We have seen something similar where QM is not notified of loss of the
network connection and the process hangs inside a Linux library call where
we cannot see the logout request.
Although we need a better solution for this, you should be able to kill the
QM processes from Linux rather than a complete restart. Our cleanup
mechanism will then recover the licences within five minutes. You can speed
this up by doing
qm -cleanup
I have forwarded your email to one of our dealers who has identified a
problem in Linux ssh that might explain this.
Martin Phillips
Ladybridge Systems Ltd
17b Coldstream Lane, Hardingstone, Northampton, NN4 6DB
+44-(0)1604-709200
We are running Gentoo base system version 1.6.14.
--
Cedric Fontaine
http://www.terroirsquebec.com
So I should just kill -9 the qm process on linux and then qm -cleanup ?
I'm sorry Martin, I really don't expect you to be resolving Linux
issues, but I do see a great deal of irony in all of this.
T
I sometimes get this sort of finger pointing. It often happens on
Windows systems, and another MV database that I use. Nice to see the
same thing happening with Linux. Don't want the FOSS people missing
out! ;-)
Anyway, I've found an effective way to stop the finger pointing is to
ask the person doing the pointing for EVIDENCE that the bug is where
they say it is.
So, Martin. Do you have proof that the bug is in the Linux networking code?
Ashley Chapman
> I'm sorry Martin, I really don't expect you to be resolving
> Linux issues, but I do see a great deal of irony in all of this.

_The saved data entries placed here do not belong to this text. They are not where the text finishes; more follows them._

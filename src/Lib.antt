-- ===== src/Lib.antt =====
-- OG Foreman: a service that turns site updates of construction projects into tasks, issues,
-- materials and approvals. This library models the core of app/: the domain policies, the repository
-- with optimistic versions, and the services that change project state.
--
-- Parts and files:
--   Base: Python's tests, lists, dicts, signed integers, stripped texts and exceptions (`Result`, and `Exec` for code
--     that also changes a state).
--   Domain/Enums: app/domain/enums.py. Domain/Transitions: the status tables and guards of
--     app/domain/policies.py. Domain/Graph: `validate_task_dependency_graph` of the same file.
--     Domain/Task, Domain/ProcessedEvent: the records of app/domain/models.py with the checks of
--     their validators. Domain/Authorization: app/domain/authorization.py, with whom it lets in (Exact).
--   Repositories/Memory: `InMemoryRepository` of app/repositories/memory.py, one function for each
--     method that writes, over a `Repo` of partitions; `run_transaction` restores the snapshot.
--     Refinement compares it with an abstract store.
--   Services/EventClaims: app/services/event_claims.py over the repository of processed events; the
--     children prove what the calls do (Rules), invariants (Safety, Final), ownership of a claim
--     (Ownership) and when calls return (Progress).
--   Domain/Json: the JSON values of metadata and payloads. Domain/Outbox, Domain/Approval, Domain/AgentRun: `OutboxMessage`,
--     `Approval` and `AgentRun` of app/domain/models.py.
--   Domain/Activity, Domain/Records, Domain/Material, Domain/Issue: app/domain/activity.py, app/domain/materials.py,
--     the pure part of app/repositories/activity.py and more records of app/domain/models.py.
--   Services/Session: the repositories of one transaction (`InMemoryRepositoryStore`) and the
--     `AuthorizedProjectRepository` of app/repositories/membership.py, whose writes stay in their
--     project (Scope), and what its calls did when they returned (Calls).
--   Services/Activity: app/services/activity.py; its children prove what a repeated
--     call (Once), a call for another mutation (Conflict) and a failed call (Atomic) do.
--   Services/Tasks: app/services/tasks.py, with the commands (Commands), `_apply_update` (Update),
--     `_apply_details` (Details), the methods of `TaskService` (Service) and what an accepted update
--     makes of a task (Completion).
--   Services/Access: the checks that the commands on tasks and materials make first.
--   Services/Materials: app/services/materials.py, with the commands (Commands), the plans and writes
--     of a change (Stock), the methods of `MaterialService` and the resolution of names of
--     app/repositories/materials.py (Service), and what a change does to stock and ledger (Plans, Moves) and to a
--     request (Deliveries).
--   Services/Outbox: app/services/outbox.py; its children are about the calls on messages (Calls) and
--     `process` (Process, Publication).
--   Services/Notifications: app/services/delivery_notifications.py, with the changes to a message
--     (Messages), the transactions, and the loop of `deliver` (Delivery); the children prove what
--     the transactions do (Steps), who owns a message (Ownership), the backoff (Bounds) and how the
--     rounds and the loop end (Rounds, Endings) and when a message is delivered (Progress,
--     Delivers).
--   Services/Approvals: app/services/approvals.py, with what a resolution writes (Decision); the
--     children prove what the writes did (Writes), how a resolution ends (Outcome) and that it is not
--     overturned (Finality), and look at the keys of the events (Keys).
--   Services/ImportDiff: app/services/project_import_diff.py, with its indexes (Index) and the
--     differences of single entities (Entities), over the drafts of app/domain/project_import.py
--     (Domain/ImportDraft); the children prove what the indexes know (Fresh) and which imports pass
--     (Additive, Exact).
--   Services/Issues: `update_issue` of app/services/issues.py; Statuses is about the
--     statuses that an issue can be given.
--   Examples: concrete inputs and tests.
--
-- Conventions: times are microseconds since the epoch, decimals are counted in millionths; an
-- optional field is an `Option`; a clock reading and a random token are arguments; SHA-256, JSON and
-- decimal texts are the parameter `Texts`, Python's Unicode functions the parameter `Names`. A
-- repository works on any record that fills the interface `Entity`, whose `strip` and `validate` are
-- pydantic's `model_validate`: Base/Strip is its documented `str_strip_whitespace`. Ids, keys and
-- other texts with a pattern are taken as a constructor left them, without blanks at their ends.
-- Domain/Decimal rounds sums to the 28 digits of Python's decimal arithmetic.
--
-- Fuel: `visit` of Domain/Graph takes one more than the number of tasks, since each nested call marks
-- another task; the loop of `deliver` takes one more than the attempts that are allowed, since each
-- round counts an attempt.
--
-- Not modelled: locks and deep copies of the in-memory repository (a model's values are never shared),
-- the formats and lengths of texts that no branch depends on, Python's limit on the depth of
-- recursion, and the parts that only translate to and from external services (HTTP, Firestore,
-- Cloud Storage, Pub/Sub, language models), whose answers this code does not determine.
pub mod Base
pub mod Domain
pub mod Repositories
pub mod Services
pub mod Examples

I agree that it is not our job but, in this particular instance, one of our
dealers has identified and fixed a problem that sounds like it could be the
same issue. I have asked him to communicate directly with Cedric (or perhaps
via this list) and he has agreed to do so as soon as time permits.
Re Ashley's comment...
> So, Martin. Do you have proof that the bug is in the Linux
> networking code?
We have seen two network connection problems that appear to be in Linux. The
one that fits closest to Cedric's problem is where we hang inside a kernel
function (as shown by strace) and never return to QM. This makes it
difficult for us to catch the error.
The other one involves poll() or select() saying "yes, there is data waiting
to be read" and read() saying "no there isn't", resulting in a loop trying
to recover the non-existant data. We have worked around this one inside QM.
Just a thought...
If there's a suspected problem in the linux internals, then presumably
this problem does not exist for QM on the Windows or BSD platforms.

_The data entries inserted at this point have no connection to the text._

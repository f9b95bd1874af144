-- ===== src/Base/Lists.antt =====
-- Lists measured by native numbers, and Python's `in`, `all`, `any` and comprehensions on lists.
use Prim.Native.Nat.{ℕ, suc, ◌+◌}
use Prim.Native.String.{String}
use mathlib.Core.Path.{◌≡◌, refl}
use mathlib.Core.Logic.{inl, inr}
use mathlib.Core.Bool.{Bool, true, false, ◌&&◌, ◌||◌, not}
use mathlib.Core.List.{List, [], ◌∷◌, ◌++◌}
use native.Mathlib.Omega.{arith}
use text.Mathlib.Text.{◌==◌ as str_eq}
use text.Mathlib.TextEquality.{eq_iff}
use ogaforeman.Base.Tests.{if◌then◌else◌, Bool-cases}

module _ {ℓ} {A : Type ℓ} where
  abbrev pub length : List A → ℕ
  length [] = 0
  length (x ∷ xs) = suc (length xs)

  pub length-append : (xs ys : List A) → length (xs ++ ys) ≡ length xs + length ys
  length-append [] ys = omega arith
  length-append (x ∷ xs) ys = omega (arith, length-append xs ys)

  -- `all(test(x) for x in xs)`
  abbrev pub all : (A → Bool) → List A → Bool
  all test [] = true
  all test (x ∷ xs) = test x && all test xs

  -- `any(test(x) for x in xs)`
  abbrev pub any : (A → Bool) → List A → Bool
  any test [] = false
  any test (x ∷ xs) = test x || any test xs

  -- `[x for x in xs if test(x)]`
  abbrev pub select : (A → Bool) → List A → List A
  select test [] = []
  select test (x ∷ xs) = if test x then x ∷ select test xs else select test xs

-- A predicate that holds of every element, by recursion.
abbrev pub All {ℓ κ} : {A : Type ℓ} → (A → Type κ) → List A → Type κ
All P [] = Unit
All P (x ∷ xs) = P x × All P xs

-- Where an element stands in a list.
pub data In {ℓ} {A : Type ℓ} (a : A) : List A → Type ℓ where
  head : {x : A} {xs : List A} → x ≡ a → In a (x ∷ xs)
  tail : {x : A} {xs : List A} → In a xs → In a (x ∷ xs)

pub All-In {ℓ κ} : {A : Type ℓ} (P : A → Type κ) {a : A} {xs : List A} → In a xs → All P xs → P a
All-In P (head e) h = rw e at h.0
All-In P (tail i) h = All-In P i h.1

-- `a in xs`, for texts
abbrev pub mem : String → List String → Bool
mem a [] = false
mem a (x ∷ xs) = str_eq a x || mem a xs

pub mem-In : (a : String) (xs : List String) → mem a xs ≡ true → In a xs
mem-In a [] h = absurd (cc)
mem-In a (x ∷ xs) h = elim (Bool-cases (str_eq a x)) [
  | inl e ↦ head (ground (arith, eq_iff a x))
  | inr e ↦ tail (mem-In a xs (rw e at h))
]

pub In-mem : (a : String) (xs : List String) → In a xs → mem a xs ≡ true
In-mem a [] i = elim i [ ]
In-mem a (x ∷ xs) (head e) = ground (arith, eq_iff a x)
In-mem a (x ∷ xs) (tail i) = ground (arith, In-mem a xs i)

-- `len(xs) == len(set(xs))`, for texts
abbrev pub distinct : List String → Bool
distinct [] = true
distinct (x ∷ xs) = not (mem x xs) && distinct xs

-- A test that holds of all elements holds of each.
pub all-In {ℓ} :
    {A : Type ℓ} (test : A → Bool) (xs : List A) {a : A}
    → all test xs ≡ true
    → In a xs
    → test a ≡ true
all-In test [] h i = elim i [ ]
all-In test (x ∷ xs) h (head e) = rw (← e) (ground arith)
all-In test (x ∷ xs) h (tail i) = all-In test xs (ground arith) i

pub In-all {ℓ} :
    {A : Type ℓ} (test : A → Bool) (xs : List A)
    → ((a : A) → In a xs → test a ≡ true)
    → all test xs ≡ true
In-all test [] h = refl
In-all test (x ∷ xs) h = ground (arith, h x (head refl), In-all test xs (λ a i. h a (tail i)))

If that's the case, perhaps you can consider using QM on top of
FreeBSD. Unless you are tightly tied to Gentoo.
Ashley
In other words, Martin, it may be better to be less eager to fix
this on your own, even if you can.
T
Any sign of the requested diagnostics?
We have tried repeatedly to reproduce this here but have so far failed. It
is tough to diagnose the cause without an example to look at.
Martin Phillips
Ladybridge Systems Ltd
17b Coldstream Lane, Hardingstone, Northampton, NN4 6DB
+44-(0)1604-709200
This sounds very much like the Linux problem that one of our users tracked
down. I will ask him again to reply.
> What are the command lines for core dump or strace ?
Depending on your system, you should be able to force a core dump with
kill -4 (SIGILL) but it doesn't seem to work on all systems.
Were supported, strace is
strace -p 1234
where 1234 is the pid of the process that you want to trace.